Tracing Python execution

Marcos Dione

2016-06-23 20:32

Today I stumbled upon PyCon 2016's youtube channel and started watching some of the talks. The first one I really finished watching was Ned Batchelder's "Machete debugging", a very interesting talk about 4 strange bugs and the 4 strange techniques they used to find where those bugs were produced. It's a wonderful talk, full of ideas that, if you're a mere mortal developer like me, will probably blow your mind.

One of the techniques they use for one of the bugs is to actually write a trace function. A trace function in cpython context is a function that is called in several different points of execution of Python code. For more information see sys.settrace()'s documentation.

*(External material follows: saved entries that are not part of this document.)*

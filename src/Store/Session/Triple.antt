-- ===== src/Store/Session/Triple.antt =====
-- What a function on a connection makes of a world, when it returns and when it fails: the rule for
-- each way to build such a function. `P` holds before, `Q` after a return and `E` after a failure.
use semindex.Base.{Bool, true, false, Option, none, some, List, [], ◌∷◌, ◌≡◌, refl, if◌then◌else◌}
use semindex.Store.Rows.{Db}
use semindex.Store.Session.{
  Saved, World, M, continue, ◌>>=◌, pure, fail, gets, call_with, call, exec_db, exec_read, save,
  interfere, begin_in, begin, commit, restore, rollback, rollback_ignored, or_rollback_on,
  or_rollback,
}

abbrev pub Post : {A : Type 0} → (A → World → Type 0) → (World → Type 0) → Option A → World → Type 0
Post Q E none w = E w
Post Q E (some a) w = Q a w

pub record Triple {A : Type 0} (P : World → Type 0) (m : M A) (Q : A → World → Type 0)
    (E : World → Type 0) : Type 0 where
  pub run : (w : World) → P w → Post Q E (m w).0 (m w).1

pub Post-map :
    {A : Type 0} {Q R : A → World → Type 0} (E : World → Type 0)
    → ((a : A) (w : World) → Q a w → R a w)
    → (r : Option A) (w : World) → Post Q E r w
    → Post R E r w
Post-map E k none w h = h
Post-map E k (some a) w h = k a w h

module _ {A : Type 0} {P : World → Type 0} {Q : A → World → Type 0} {E : World → Type 0} where
  pub Triple-pure : (a : A) → ((w : World) → P w → Q a w) → Triple P (pure a) Q E
  unfolding pure
  Triple-pure a h = record { run = h }

  -- A stronger condition before.
  pub Triple-before :
      {P' : World → Type 0} (m : M A)
      → ((w : World) → P' w → P w)
      → Triple P m Q E
      → Triple P' m Q E
  Triple-before m k t = record { run = λ w p. t.run w (k w p) }

  pub Triple-fail : ((w : World) → P w → E w) → Triple P fail Q E
  unfolding fail
  Triple-fail h = record { run = h }

  pub Triple-if :
      (b : Bool) (m n : M A)
      → (b ≡ true → Triple P m Q E)
      → (b ≡ false → Triple P n Q E)
      → Triple P (if b then m else n) Q E
  Triple-if true m n k l = k refl
  Triple-if false m n k l = l refl

-- The rest of a `do` block may use what the value was read from.
pub Triple-gets :
    {A : Type 0} {P : World → Type 0} {E : World → Type 0} (f : World → A)
    → Triple P (gets f) (λ a w. P w × (a ≡ f w)) E
unfolding gets
Triple-gets f = record { run = λ w p. (p, refl) }

module _ {A B : Type 0} {Q : A → World → Type 0} (R : B → World → Type 0) {E : World → Type 0} where
  Post-continue :
      (f : A → M B)
      → ((a : A) → Triple (Q a) (f a) R E)
      → (r : Option A) (w : World) → Post Q E r w
      → Post R E (continue r f w).0 (continue r f w).1
  Post-continue f k none w h = h
  Post-continue f k (some a) w h = (k a).run w h

module _ {A B : Type 0} {P : World → Type 0} {Q : A → World → Type 0} {R : B → World → Type 0}
    {E : World → Type 0} where
  pub Triple-bind :
      (m : M A) (f : A → M B)
      → Triple P m Q E
      → ((a : A) → Triple (Q a) (f a) R E)
      → Triple P (m >>= f) R E
  unfolding ◌>>=◌
  Triple-bind m f k l = record {
    run = λ w p. let (r, w') = m w in Post-continue R f l r w' (k.run w p);
  }

module _ (Q : Unit {0} → World → Type 0) (E : World → Type 0) where
  Post-call_with :
      (f : World → World) (fs : List Bool) (w : World)
      → ((gs : List Bool) → E (record w { faults = gs }))
      → ((gs : List Bool) → Q tt (f (record w { faults = gs })))
      → w.faults ≡ fs
      → Post Q E (call_with fs f w).0 (call_with fs f w).1
  unfolding call_with
  Post-call_with f [] w failed done e = done w.faults
  Post-call_with f (true ∷ rest) w failed done e = failed rest
  Post-call_with f (false ∷ rest) w failed done e = done rest

  -- BEGIN fails, or sees the tables as they are, or sees what one more commit made of them.
  Post-begin_in :
      (sv : Option Saved) (w : World)
      → ((gs : List Bool) → E (record w { faults = gs }))
      → ((gs : List Bool) → sv ≡ none → Q tt (save (record w { faults = gs })))
      → ((gs : List Bool) (g : Db → Db) (rest : List (Db → Db))
          → sv ≡ none
          → w.writers ≡ g ∷ rest
          → Q tt (save (record w { faults = gs; db = g w.db; writers = rest })))
      → Post Q E (begin_in sv w).0 (begin_in sv w).1
  unfolding begin_in call
  Post-begin_in (some s) w failed alone after = failed w.faults
  Post-begin_in none w failed alone after =
      Post-call_with _ w.faults w failed (λ gs. interfered w.writers gs refl) refl
    where
      interfered :
          (ws : List (Db → Db)) (gs : List Bool)
          → w.writers ≡ ws
          → Q tt (save (interfere ws (record w { faults = gs })))
      interfered [] gs e = alone gs refl
      interfered (g ∷ rest) gs e = after gs g rest refl e

module _ {P : World → Type 0} {Q : Unit {0} → World → Type 0} {E : World → Type 0} where
  pub Triple-begin :
      ((w : World) (gs : List Bool) → P w → E (record w { faults = gs }))
      → ((w : World) (gs : List Bool)
          → P w
          → w.saved ≡ none
          → Q tt (save (record w { faults = gs })))
      → ((w : World) (gs : List Bool) (g : Db → Db) (rest : List (Db → Db))
          → P w
          → w.saved ≡ none
          → w.writers ≡ g ∷ rest
          → Q tt (save (record w { faults = gs; db = g w.db; writers = rest })))
      → Triple P begin Q E
  unfolding begin
  Triple-begin failed alone after = record {
    run = λ w p.
        Post-begin_in Q E w.saved w (λ gs. failed w gs p) (λ gs e. alone w gs p e)
          (λ gs g rest e u. after w gs g rest p e u);
  }

  pub Triple-call :
      (f : World → World)
      → ((w : World) (gs : List Bool) → P w → E (record w { faults = gs }))
      → ((w : World) (gs : List Bool) → P w → Q tt (f (record w { faults = gs })))
      → Triple P (call f) Q E
  unfolding call
  Triple-call f failed done = record {
    run = λ w p. Post-call_with Q E f w.faults w (λ gs. failed w gs p) (λ gs. done w gs p) refl;
  }

  pub Triple-exec_db :
      (f : Db → Db)
      → ((w : World) (gs : List Bool) → P w → E (record w { faults = gs }))
      → ((w : World) (gs : List Bool) → P w → Q tt (record w { faults = gs; db = f w.db }))
      → Triple P (exec_db f) Q E
  unfolding exec_db
  Triple-exec_db f failed done = Triple-call _ failed done

  pub Triple-exec_read :
      ((w : World) (gs : List Bool) → P w → E (record w { faults = gs }))
      → ((w : World) (gs : List Bool) → P w → Q tt (record w { faults = gs }))
      → Triple P exec_read Q E
  unfolding exec_read
  Triple-exec_read failed done = Triple-call _ failed done

  pub Triple-commit :
      ((w : World) (gs : List Bool) → P w → E (record w { faults = gs }))
      → ((w : World) (gs : List Bool) → P w → Q tt (record w { faults = gs; saved = none }))
      → Triple P commit Q E
  unfolding commit
  Triple-commit failed done = Triple-call _ failed done

-- ROLLBACK with its result dropped: what holds of the world with its tables brought back, and of
-- the world as it is, holds after it.
module _ (E : World → Type 0) where
  E_of_Post : (r : Option (Unit {0})) (w : World) → Post (λ _. E) E r w → E w
  E_of_Post none w h = h
  E_of_Post (some a) w h = h

  pub rollback_ignored_elim :
      (w : World)
      → ((gs : List Bool) → E (record w { faults = gs }))
      → ((gs : List Bool) → E (restore w.saved (record w { faults = gs })))
      → E (rollback_ignored w)
  unfolding rollback_ignored rollback call
  rollback_ignored_elim w failed done =
      let (r, w') = call_with w.faults (λ v. restore v.saved v) w in
      E_of_Post r w' (Post-call_with (λ _. E) E _ w.faults w failed done refl)

module _ {A : Type 0} (Q : A → World → Type 0) (E F : World → Type 0) where
  Post-or_rollback_on :
      ((w : World) → E w → F (rollback_ignored w))
      → (r : Option A) (w : World) → Post Q E r w
      → Post Q F (or_rollback_on r w).0 (or_rollback_on r w).1
  unfolding or_rollback_on
  Post-or_rollback_on k none w h = k w h
  Post-or_rollback_on k (some a) w h = h

module _ {A : Type 0} {P : World → Type 0} {Q : A → World → Type 0} {E F : World → Type 0} where
  pub Triple-or_rollback :
      (m : M A)
      → Triple P m Q E
      → ((w : World) → E w → F (rollback_ignored w))
      → Triple P (or_rollback m) Q F
  unfolding or_rollback
  Triple-or_rollback m k l = record {
    run = λ w p. let (r, w') = m w in Post-or_rollback_on Q E F l r w' (k.run w p);
  }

In my case I used tracing for something that I always liked about bash: that you can ask it to print every line that's being executed (even in functions and subprocesses!). I wanted something similar for ayrton, so I sat down to figure out how this would work.

The key to all this is the function I mention up there. The API seems simple enough at first sight, but it's a little more complicated. You give this function what is called the global trace function. This function will be called with three parameters: a frame, an event and a event-dependent arg. The event I'm interested in is line, which is called for each new line of code that is executed. The complication comes because what this global trace function should return is a local trace function. This function will be called with the same parameters as the global trace function. I would really like an explanation why this is so.

The job for this function, in ayrton's case, is simple: inspect the frame, extract the filename and line number and print that. At first this seems to mean that I should read the files by myself, but luckily there's another interesting standard module: linecache to the rescue. The only 'real complication' of ayrton's use is that it would not work if the script to run was passed with the -c|--script option, but (un)luckily the execution engine already has to read the hold the script in lines, so using that as the cache instead of linecache was easy.

Finally, if you're interested in the actual code, go take a look. Just take in account that ayrton has 3 levels of tracing: à la bash (script lines prepended by +), with line numbers, and tracing any Python line execution, including any modules you might use and their dependencies. And don't forget that it also has 3 levels of debug logging into files. See ayrton --help!